WHAT YOU NEED TO DO: Collect all lines from the records below that include the word "fifo".

(Saved entries)
╔══
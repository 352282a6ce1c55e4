-- ===== src/Builder/Agrees.antt =====
-- `Builder.Add` of pkg/filetree/builder.go: the tree and the index after it.
use stereoscope.Builder.{Builder, add_to_tree, add}
use stereoscope.Errors.{Result, ok, err}
use stereoscope.File.Kinds.{
  FileType, regular, hard_link, sym_link, character_device, block_device, directory, fifo, socket,
  irregular,
}
use stereoscope.File.Metadata.{Metadata}
use stereoscope.File.Paths.Canonical.{IsCanonical}
use stereoscope.File.Refs.{Reference}
use stereoscope.FileTree.Adds.{Outcome, Added, adds-Outcome}
use stereoscope.FileTree.Edit.{Files}
use stereoscope.FileTree.Keyed.{IsKeyed}
use stereoscope.Index
use stereoscope.Index.{FileIndex, get_entry}
use stereoscope.Index.Queries.{get_entry-add}
use stereoscope.Prelude.{◌≡◌, refl}

-- The kind of the node for a file: whatever is no link and no directory is a regular file in the tree.
abbrev pub kind_in_tree : FileType → FileType
kind_in_tree sym_link = sym_link
kind_in_tree hard_link = hard_link
kind_in_tree directory = directory
kind_in_tree _ = regular

-- What `Add` has done when it returns a reference.
pub record Built (m : Metadata) (r : Reference) (b b' : Builder) : Type 0 where
  pub in_tree : Added (kind_in_tree m.file_type) m.path r b.files b'.files
  pub in_index : get_entry r b'.index ≡ ok (record { reference = r; metadata = m })

-- What `Add` leaves: on an error the index is as it was, and every node is where it was.
abbrev pub BuildOutcome : Metadata → Builder → Result Reference × Builder → Type 0
BuildOutcome m b (ok r, b') = Built m r b b'
BuildOutcome m b (err e, b') =
    (b'.index ≡ b.index) × Outcome regular m.path b.files (err e, b'.files)

pub add_to_tree-Outcome :
    (kind : FileType) (m : Metadata) (s : Files)
    → IsCanonical m.path
    → IsKeyed s.tree
    → Outcome (kind_in_tree kind) m.path s (add_to_tree kind m s)
unfolding add_to_tree
add_to_tree-Outcome sym_link m s c k = (adds-Outcome m.path m.link_destination s c k).2
add_to_tree-Outcome hard_link m s c k = (adds-Outcome m.path m.link_destination s c k).3
add_to_tree-Outcome directory m s c k = (adds-Outcome m.path m.link_destination s c k).1
add_to_tree-Outcome regular m s c k = (adds-Outcome m.path m.link_destination s c k).0
add_to_tree-Outcome character_device m s c k = (adds-Outcome m.path m.link_destination s c k).0
add_to_tree-Outcome block_device m s c k = (adds-Outcome m.path m.link_destination s c k).0
add_to_tree-Outcome fifo m s c k = (adds-Outcome m.path m.link_destination s c k).0
add_to_tree-Outcome socket m s c k = (adds-Outcome m.path m.link_destination s c k).0
add_to_tree-Outcome irregular m s c k = (adds-Outcome m.path m.link_destination s c k).0

-- `Add` of a file with a canonical path, to a tree with every node under its own path: if it returns a
-- reference, the tree has a node of the file's kind with that reference at the path, keeps every other node, and
-- the index has the file under that reference; if it fails, the index is as it was and all nodes stay.
pub add-BuildOutcome :
    (m : Metadata) (b : Builder)
    → IsCanonical m.path
    → IsKeyed b.files.tree
    → BuildOutcome m b (add m b)
unfolding add
add-BuildOutcome m b c k =
    go (add_to_tree m.file_type m b.files) (add_to_tree-Outcome m.file_type m b.files c k)
  where
    go :
        (x : Result Reference × Files)
        → Outcome (kind_in_tree m.file_type) m.path b.files x
        → BuildOutcome m b (elim x.0 [
          | err e ↦ (err e, record b { files = x.1 })
          | ok ref ↦ (ok ref, record { files = x.1; index = Index.add ref m b.index })
        ])
    go (ok r, s) h = record { in_tree = h; in_index = get_entry-add r m b.index }
    go (err e, s) h = (refl, h)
╚══
RESULT OF THE TASK:
  FileType, regular, hard_link, sym_link, character_device, block_device, directory, fifo, socket,
add_to_tree-Outcome fifo m s c k = (adds-Outcome m.path m.link_destination s c k).0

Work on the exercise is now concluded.